# Data supplied:
#####

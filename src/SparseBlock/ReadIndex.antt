-- ===== src/SparseBlock/ReadIndex.antt =====
-- The ranges that `writeIndex` (internal/sparseblock/builder.go) writes, as `readIndex`
-- (internal/sparseblock/reader.go) reads them.
use logblock.Prelude.{
  ℕ, suc, ◌+◌, ◌^◌, ◌<◌, ◌≡◌, refl, ap, ◌∙◌, some, List, [], ◌∷◌, ◌++◌, arith, Bytes, length, drop,
  append_assoc, false, ltb, ◌||◌,
}
use logblock.SparseBlock.{RangeEntry, marshal_range, unmarshal_range, set_byte}
use logblock.SparseBlock.Encoding.{unmarshal_range-marshal_range}
use logblock.SparseBlock.Builder.{marshal_ranges}
use logblock.SparseBlock.Reader.{unmarshal_ranges}

-- Entries that fit their encoding
unfoldable pub Fit : List RangeEntry → Type 0
Fit [] = ◌≡◌ {A = ℕ} 0 0
Fit (r ∷ rs) = (r.start_offset < 2 ^ 48) × (r.data_offset < 2 ^ 48) × (r.num_entries < 256) × Fit rs

-- The entries with the index of their first block entry, counted from one on
unfoldable pub indexed : ℕ → List RangeEntry → List RangeEntry
indexed count [] = []
indexed count (r ∷ rs) = record r { first_entry_index = count } ∷ indexed (count + r.num_entries) rs

length_marshal_range :
    (r : RangeEntry) (more : Bytes) → length (marshal_range r ++ more) ≡ 16 + length more
unfolding marshal_range set_byte
length_marshal_range r more = omega arith

drop-marshal_range : (r : RangeEntry) (more : Bytes) → drop 16 (marshal_range r ++ more) ≡ more
unfolding marshal_range set_byte
drop-marshal_range r more = refl

-- Only the first 16 bytes are read.
unmarshal_range_front :
    (r old : RangeEntry) (more : Bytes)
    → unmarshal_range (marshal_range r ++ more) old ≡ unmarshal_range (marshal_range r) old
unfolding marshal_range set_byte unmarshal_range
unmarshal_range_front r old more = refl

unmarshal_ranges_none : (count : ℕ) (more : Bytes) → unmarshal_ranges 0 16 count more ≡ some []
unfolding unmarshal_ranges
unmarshal_ranges_none count more = refl

unmarshal_ranges_step :
    (n count : ℕ) (r : RangeEntry) (more : Bytes) (rs : List RangeEntry)
    → (r.start_offset < 2 ^ 48) × (r.data_offset < 2 ^ 48) × (r.num_entries < 256)
    → unmarshal_ranges n 16 (count + r.num_entries) more ≡ some rs
    → unmarshal_ranges (suc n) 16 count (marshal_range r ++ more)
      ≡ some (record r { first_entry_index = count } ∷ rs)
unfolding unmarshal_ranges
unmarshal_ranges_step n count r more rs fit rest =
    let old : RangeEntry = record {
      start_offset = 0;
      data_offset = 0;
      num_entries = 0;
      first_entry_index = count;
    } in
    let all : (ltb (length (marshal_range r ++ more)) 16
          || ltb 16 7
          || ltb (length (marshal_range r ++ more)) 16)
        ≡ false =
      ground (arith, length_marshal_range r more) in
    let e : unmarshal_range (marshal_range r ++ more) old ≡ record r { first_entry_index = count } =
      unmarshal_range_front r old more ∙ unmarshal_range-marshal_range r old fit.0 fit.1 fit.2 in
    rw all (rw e (rw (drop-marshal_range r more) (rw rest (ap (λ x. some (x ∷ rs)) e))))

-- readIndex gives back the ranges that writeIndex wrote, each with the index of its first block entry, if
-- their offsets fit in 48 bits and their numbers of entries in a byte; what follows them is not read.
pub unmarshal_ranges-marshal_ranges :
    (count : ℕ) (rs : List RangeEntry) (more : Bytes)
    → Fit rs
    → unmarshal_ranges (length rs) 16 count (marshal_ranges rs ++ more) ≡ some (indexed count rs)
unfolding marshal_ranges indexed Fit
unmarshal_ranges-marshal_ranges count [] more fit = unmarshal_ranges_none count more
unmarshal_ranges-marshal_ranges count (r ∷ rs) more fit =
    ap (unmarshal_ranges (suc (length rs)) 16 count)
      (append_assoc (marshal_range r) (marshal_ranges rs) more)
    ∙ unmarshal_ranges_step (length rs) count r (marshal_ranges rs ++ more)
        (indexed (count + r.num_entries) rs) (fit.0, fit.1, fit.2)
        (unmarshal_ranges-marshal_ranges (count + r.num_entries) rs more fit.3)
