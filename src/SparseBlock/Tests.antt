-- ===== src/SparseBlock/Tests.antt =====
-- The theorems on internal/sparseblock at concrete tables.
use logblock.Prelude.{ℕ, ◌≡◌, some, [], ◌∷◌, ◌++◌, arith}
use logblock.SparseBlock.{RangeEntry}
use logblock.SparseBlock.Reader.{unmarshal_ranges}
use logblock.SparseBlock.ReadIndex.{Fit, indexed, unmarshal_ranges-marshal_ranges}
use logblock.SparseBlock.Builder.{Builder, marshal_ranges, new_builder, add_blocks}
use logblock.SparseBlock.Builder.Decode.{run}
use logblock.SparseBlock.Builder.Index.{
  IsBuilder, index_blocks, new_builder-IsBuilder, index_blocks-add_blocks,
}

abbrev full_range : RangeEntry
full_range = record {
  start_offset = 70000;
  data_offset = 8128;
  num_entries = 64;
  first_entry_index = 3;
}

abbrev empty_table : Builder ℕ
empty_table = new_builder 512

-- A range of three chunks.
index_blocks-add_blocks_example :
    (b' : Builder ℕ) × (add_blocks 5 300 9 empty_table ≡ some b')
    × IsBuilder b'
    × (index_blocks b' ≡ index_blocks empty_table ++ run 5 300 empty_table.data_offset)
unfolding new_builder
index_blocks-add_blocks_example =
    index_blocks-add_blocks 5 300 9 empty_table (new_builder-IsBuilder 512) (omega arith)
      (omega arith) (omega arith)

unmarshal_ranges-marshal_ranges_example :
    unmarshal_ranges 1 16 0 (marshal_ranges (full_range ∷ []) ++ 5 ∷ [])
    ≡ some (indexed 0 (full_range ∷ []))
unfolding Fit
unmarshal_ranges-marshal_ranges_example =
    unmarshal_ranges-marshal_ranges 0 (full_range ∷ []) (5 ∷ [])
      (omega arith, omega arith, omega arith, omega arith)
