-- ===== src/Tracker.antt =====
-- internal/tracker: the write logs that are written to and flushed.
pub mod Writer
pub mod Reader
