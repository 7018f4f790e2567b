-- ===== src/Util/WaitBarrier.antt =====
-- internal/util/wait_barrier.go. A wait group is known by a number (its pointer), and `counts` are their counters.
-- The contexts that Start has given are numbered in the order in which it gave them.
pub mod Invariant
pub mod Counters
pub mod Steps
pub mod Safety
pub mod Returns
mod Tests
use logblock.Prelude.{
  ℕ, update, zero, suc, ◌+◌, ◌-◌, ◌≤◌, ◌<◌, ◌≡◌, Option, none, some, arith, if◌then◌else◌, ◌==◌,
}

-- `WaitBarrier`, with the wait groups and the number of them that `new` has made
pub record WaitBarrier : Type 0 where
  pub wg : Option ℕ
  pub made : ℕ
  pub counts : ℕ → ℕ

abbrev pub new_barrier : WaitBarrier
new_barrier = record { wg = none; made = 0; counts = λ g. 0 }

-- `wg.Add(1)`
unfoldable pub add_one : ℕ → WaitBarrier → WaitBarrier
add_one g b = record b { counts = update b.counts g (b.counts g + 1) }

-- `b.wg = new(sync.WaitGroup)`
unfoldable pub new_group : WaitBarrier → WaitBarrier
new_group b = record { wg = some b.made; made = b.made + 1; counts = update b.counts b.made 0 }

-- `Start`: the group of the context, and the barrier afterwards
unfoldable pub start : WaitBarrier → ℕ × WaitBarrier
start b = elim b.wg [ none ↦ (b.made, add_one b.made (new_group b)) | some g ↦ (g, add_one g b) ]

-- `Done`; `none` is the panic on a negative counter.
unfoldable pub done : ℕ → WaitBarrier → Option WaitBarrier
done g b =
    if b.counts g == 0
    then none
    else some (record b { counts = update b.counts g (b.counts g - 1) })

-- `BarrierWithUnlock` up to its Wait: the group that it waits for and its own, if there is one to wait for
unfoldable pub begin_barrier : WaitBarrier → Option (ℕ × ℕ) × WaitBarrier
begin_barrier b = elim b.wg [
  | none ↦ (none, b)
  | some g ↦ (some (g, b.made), add_one b.made (new_group b))
]

-- The barrier with those that use it: the groups of the contexts that are not done yet, and by the group
-- that it waits for, the group of each call of BarrierWithUnlock and the number of contexts started before it
pub record System : Type 0 where
  pub barrier : WaitBarrier
  pub started : ℕ
  pub active : ℕ → Option ℕ
  pub waiting : ℕ → Option (ℕ × ℕ)

abbrev pub init : System
init = record { barrier = new_barrier; started = 0; active = λ i. none; waiting = λ g. none }

pub data Step (s : System) : System → Type 0 where
  starts :
      (g : ℕ) (b : WaitBarrier)
      → start s.barrier ≡ (g, b)
      → Step s (record s {
        barrier = b;
        started = s.started + 1;
        active = update s.active s.started (some g);
      })
  ends :
      (i g : ℕ) (b : WaitBarrier)
      → s.active i ≡ some g
      → done g s.barrier ≡ some b
      → Step s (record s { barrier = b; active = update s.active i none })
  -- Without a group, BarrierWithUnlock returns at once.
  skips : (begin_barrier s.barrier).0 ≡ none → Step s s
  waits :
      (g own : ℕ) (b : WaitBarrier)
      → begin_barrier s.barrier ≡ (some (g, own), b)
      → Step s (record s { barrier = b; waiting = update s.waiting g (some (own, s.started)) })
  returns :
      (g own at : ℕ) (b : WaitBarrier)
      → s.waiting g ≡ some (own, at)
      → s.barrier.counts g ≡ 0
      → done own s.barrier ≡ some b
      → Step s (record s { barrier = b; waiting = update s.waiting g none })

pub data Reach : System → Type 0 where
  initial : Reach init
  later : {s t : System} → Reach s → Step s t → Reach t
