-- ===== src/Tracker/Reader.antt =====
-- internal/tracker/reader.go. A reader is known by a number (its pointer), and `tables` are those of sparse tables. A
-- part under the lock, a part of a call on the block map, which has a lock of its own, and what comes after a wait are
-- each one step; a wait on the condition variable is the test that it waits for. The numbers that the
-- block map gives to tables are those of BlockMap.
pub mod History
pub mod Names
pub mod Pushes
pub mod Invariant
pub mod Compaction
pub mod Steps
pub mod Shown
pub mod Between
pub mod State
pub mod Calls
pub mod Sound
pub mod Safety
pub mod Removal
mod Tests
use logblock.Prelude.{
  ℕ, suc, ◌≡◌, ◌≢◌, Bool, true, false, not, ◌&&◌, ◌||◌, Option, none, some, List, [], ◌∷◌, ◌++◌,
  if◌then◌else◌, ltb, ◌==◌, map, length,
}
use logblock.Adaptor.{BlockHoleReader}
use logblock.RangeMap.Index.{RangeIndex}
use logblock.BlockMap
use logblock.BlockMap.{FreeSet, BlockMap, PushCall, begin_push, continue_push, is_member}
use logblock.Util.WaitBarrier.{WaitBarrier, new_barrier, start, done, begin_barrier}

-- What a stack of readers is made of
pub data Layer : Type 0 where
  writer_layer : ℕ → Layer
  reader_layer : ℕ → Layer
  primary_layer : Layer

-- `slices.Reverse`
unfoldable pub reverse : List ℕ → List ℕ
reverse [] = []
reverse (x ∷ xs) = reverse xs ++ x ∷ []

-- `slices.DeleteFunc` of what is in `rs`
unfoldable pub delete_merged : List ℕ → List ℕ → List ℕ
delete_merged rs [] = []
delete_merged rs (x ∷ xs) =
    let rest = delete_merged rs xs in if is_member x rs then rest else x ∷ rest

-- The loop of `RemoveWriter`; `none` is a writer that is not found.
unfoldable pub delete_writer : ℕ → List ℕ → Option (List ℕ)
delete_writer w [] = none
delete_writer w (x ∷ xs) =
    let rest = delete_writer w xs in
    if x == w then some xs else elim rest [ none ↦ none | some ys ↦ some (x ∷ ys) ]

-- Where `readerMergeLoop` is: at its test, at the call of PushReader for the first of the readers left of
-- those that it merges, in such a call, or at the wait at the end
pub data Merge : Type 0 where
  merge_idle : Merge
  merge_pushing : List ℕ → List ℕ → Merge
  merge_adding : PushCall → List ℕ → List ℕ → Merge
  merge_waiting : Option (ℕ × ℕ) → Merge

-- After a part of a call of PushReader: the call goes on, or it is the turn of the next.
unfoldable pub after_part : List ℕ → List ℕ → Option PushCall → Merge
after_part rest rs none = merge_pushing rest rs
after_part rest rs (some c) = merge_adding c rest rs

module _ (I : RangeIndex) (F : FreeSet) where
  -- `Reader`, with whether `compactionState` is not nil, and where the goroutine of NewReader is
  pub record Reader : Type 0 where
    pub block_size : ℕ
    pub num_blocks : ℕ
    pub reader_stack : List Layer
    pub wb : WaitBarrier
    pub primary_index : BlockMap I F
    pub pending_readers : List ℕ
    pub writers : List ℕ
    pub compacting : Bool
    pub compaction_push : Option PushCall
    pub merge : Merge

  unfoldable pub build_reader_stack : Reader → Reader
  build_reader_stack m = record m {
    reader_stack =
        map writer_layer m.writers ++ (map reader_layer m.pending_readers ++ primary_layer ∷ []);
  }

  -- `NewReader`
  unfoldable pub new_reader : ℕ → ℕ → Reader
  new_reader block_size num_blocks = build_reader_stack (record {
    block_size = block_size;
    num_blocks = num_blocks;
    reader_stack = [];
    wb = new_barrier;
    primary_index = BlockMap.new_block_map I F block_size num_blocks;
    pending_readers = [];
    writers = [];
    compacting = false;
    compaction_push = none;
    merge = merge_idle;
  })

  -- `readerMergeLoop` from its test to the first call of PushReader; `none` waits on.
  unfoldable pub start_merge : Reader → Option Reader
  start_merge m =
      let rs = reverse m.pending_readers in
      let started : Option Reader =
        if length m.pending_readers == 0 || m.compacting
        then none
        else some (record m { merge = merge_pushing rs rs }) in
      elim m.merge [
        | merge_idle ↦ started
        | merge_waiting g ↦ none
        | merge_pushing todo rs' ↦ none
        | merge_adding c rest rs' ↦ none
      ]

  -- The next part of a call of PushReader; `none` is a panic, or that it is not the call's turn.
  unfoldable pub merge_push : (ℕ → BlockHoleReader) → Reader → Option Reader
  merge_push tables m = elim m.merge [
    | merge_idle ↦ none
    | merge_waiting g ↦ none
    | merge_pushing todo rs ↦ elim todo [
      | [] ↦ none
      | br ∷ rest ↦ elim (begin_push I F br m.primary_index) [
        | none ↦ none
        | some (c, p) ↦ some (record m { primary_index = p; merge = merge_adding c rest rs })
      ]
    ]
    | merge_adding c rest rs ↦ elim (continue_push I F (tables c.table) c m.primary_index) [
      | none ↦ none
      | some (o, p) ↦ some (record m { primary_index = p; merge = after_part rest rs o })
    ]
  ]

  -- From the end of the calls to the wait
  unfoldable pub end_merge : Reader → Option Reader
  end_merge m = elim m.merge [
    | merge_idle ↦ none
    | merge_waiting g ↦ none
    | merge_adding c rest rs ↦ none
    | merge_pushing todo rs ↦ elim todo [
      | br ∷ rest ↦ none
      | [] ↦
          let b = begin_barrier m.wb in
          some (
            build_reader_stack (record m {
              pending_readers = delete_merged rs m.pending_readers;
              wb = b.1;
              merge = merge_waiting b.0;
            }))
    ]
  ]

  -- After the wait
  unfoldable pub merge_again : Reader → Option Reader
  merge_again m = elim m.merge [
    | merge_idle ↦ none
    | merge_waiting g ↦ some (record m { merge = merge_idle })
    | merge_pushing todo rs ↦ none
    | merge_adding c rest rs ↦ none
  ]

  unfoldable pub push_writer : ℕ → Reader → Reader
  push_writer w m = build_reader_stack (record m { writers = w ∷ m.writers })

  -- `RemoveWriter` up to its wait, with the groups of the barrier
  unfoldable pub remove_writer : ℕ → Reader → Option (ℕ × ℕ) × Reader
  remove_writer w m = elim (delete_writer w m.writers) [
    | none ↦ (none, m)
    | some ws ↦
        let b = begin_barrier m.wb in
        (b.0, build_reader_stack (record m { writers = ws; wb = b.1 }))
  ]

  -- `PushReader`
  unfoldable pub push_reader : ℕ → Reader → Reader
  push_reader r m = build_reader_stack (record m { pending_readers = r ∷ m.pending_readers })

  -- `ReadBlocks` under the lock: the stack that it reads from, and its context
  unfoldable pub start_read : Reader → List Layer × ℕ × Reader
  start_read m = let c = start m.wb in (m.reader_stack, c.0, record m { wb = c.1 })

  -- The deferred call of `ReadBlocks`; `none` is a panic.
  unfoldable pub end_read : ℕ → Reader → Option Reader
  end_read g m = elim (done g m.wb) [ none ↦ none | some b ↦ some (record m { wb = b }) ]

  -- `StartCompaction`; `none` is a nil result, and also a wait for readers that are pending.
  unfoldable pub start_compaction : Reader → Option Reader
  start_compaction m =
      if m.compacting
      then none
      else if ltb 0 (length m.pending_readers)
      then none
      else some (record m { compacting = true })

  -- The methods of `CompactionState`. `ListReaders`
  unfoldable pub list_readers : Reader → List ℕ
  list_readers m = BlockMap.list_readers I F m.primary_index

  -- `Reader`
  unfoldable pub compaction_reader : Reader → BlockMap I F
  compaction_reader m = m.primary_index

  -- `PushCompactedReader` up to the end of the first part of its call; `none` is a panic.
  unfoldable pub push_compacted_reader : ℕ → Reader → Option Reader
  push_compacted_reader br m = elim (begin_push I F br m.primary_index) [
    | none ↦ none
    | some (c, p) ↦ some (record m { primary_index = p; compaction_push = some c })
  ]

  -- The next part of that call; `none` is a panic, or that there is none.
  unfoldable pub compacted_push : (ℕ → BlockHoleReader) → Reader → Option Reader
  compacted_push tables m = elim m.compaction_push [
    | none ↦ none
    | some c ↦ elim (continue_push I F (tables c.table) c m.primary_index) [
      | none ↦ none
      | some (o, p) ↦ some (record m { primary_index = p; compaction_push = o })
    ]
  ]

  -- `RemoveUnusedReader` up to the wait of its barrier
  unfoldable pub wait_unused : Reader → Option (ℕ × ℕ) × Reader
  wait_unused m = let b = begin_barrier m.wb in (b.0, record m { wb = b.1 })

  -- The rest of it; `none` is a panic.
  unfoldable pub remove_unused : ℕ → Reader → Option Reader
  remove_unused br m = elim (BlockMap.remove_table I F br m.primary_index) [
    | none ↦ none
    | some p ↦ some (record m { primary_index = p })
  ]

  -- `Done`
  unfoldable pub compaction_done : Reader → Reader
  compaction_done m = record m { compacting = false }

#####

# The problem:
Please transcribe the data above without changes, from its first line to its "count (marshal_range r ++ more)" line, and leave out anything past that.

# Result below:
filename src/SparseBlock/ReadIndex.antt
-- ===== src/SparseBlock/ReadIndex.antt =====
-- The ranges that `writeIndex` (internal/sparseblock/builder.go) writes, as `readIndex`
-- (internal/sparseblock/reader.go) reads them.
use logblock.Prelude.{
  ℕ, suc, ◌+◌, ◌^◌, ◌<◌, ◌≡◌, refl, ap, ◌∙◌, some, List, [], ◌∷◌, ◌++◌, arith, Bytes, length, drop,
  append_assoc, false, ltb, ◌||◌,
}
use logblock.SparseBlock.{RangeEntry, marshal_range, unmarshal_range, set_byte}
use logblock.SparseBlock.Encoding.{unmarshal_range-marshal_range}
use logblock.SparseBlock.Builder.{marshal_ranges}
use logblock.SparseBlock.Reader.{unmarshal_ranges}

-- Entries that fit their encoding
unfoldable pub Fit : List RangeEntry → Type 0
Fit [] = ◌≡◌ {A = ℕ} 0 0
Fit (r ∷ rs) = (r.start_offset < 2 ^ 48) × (r.data_offset < 2 ^ 48) × (r.num_entries < 256) × Fit rs

-- The entries with the index of their first block entry, counted from one on
unfoldable pub indexed : ℕ → List RangeEntry → List RangeEntry
indexed count [] = []
indexed count (r ∷ rs) = record r { first_entry_index = count } ∷ indexed (count + r.num_entries) rs

length_marshal_range :
    (r : RangeEntry) (more : Bytes) → length (marshal_range r ++ more) ≡ 16 + length more
unfolding marshal_range set_byte
length_marshal_range r more = omega arith

drop-marshal_range : (r : RangeEntry) (more : Bytes) → drop 16 (marshal_range r ++ more) ≡ more
unfolding marshal_range set_byte
drop-marshal_range r more = refl

-- Only the first 16 bytes are read.
unmarshal_range_front :
    (r old : RangeEntry) (more : Bytes)
    → unmarshal_range (marshal_range r ++ more) old ≡ unmarshal_range (marshal_range r) old
unfolding marshal_range set_byte unmarshal_range
unmarshal_range_front r old more = refl

unmarshal_ranges_none : (count : ℕ) (more : Bytes) → unmarshal_ranges 0 16 count more ≡ some []
unfolding unmarshal_ranges
unmarshal_ranges_none count more = refl

unmarshal_ranges_step :
    (n count : ℕ) (r : RangeEntry) (more : Bytes) (rs : List RangeEntry)
    → (r.start_offset < 2 ^ 48) × (r.data_offset < 2 ^ 48) × (r.num_entries < 256)
    → unmarshal_ranges n 16 (count + r.num_entries) more ≡ some rs
    → unmarshal_ranges (suc n) 16 count (marshal_range r ++ more)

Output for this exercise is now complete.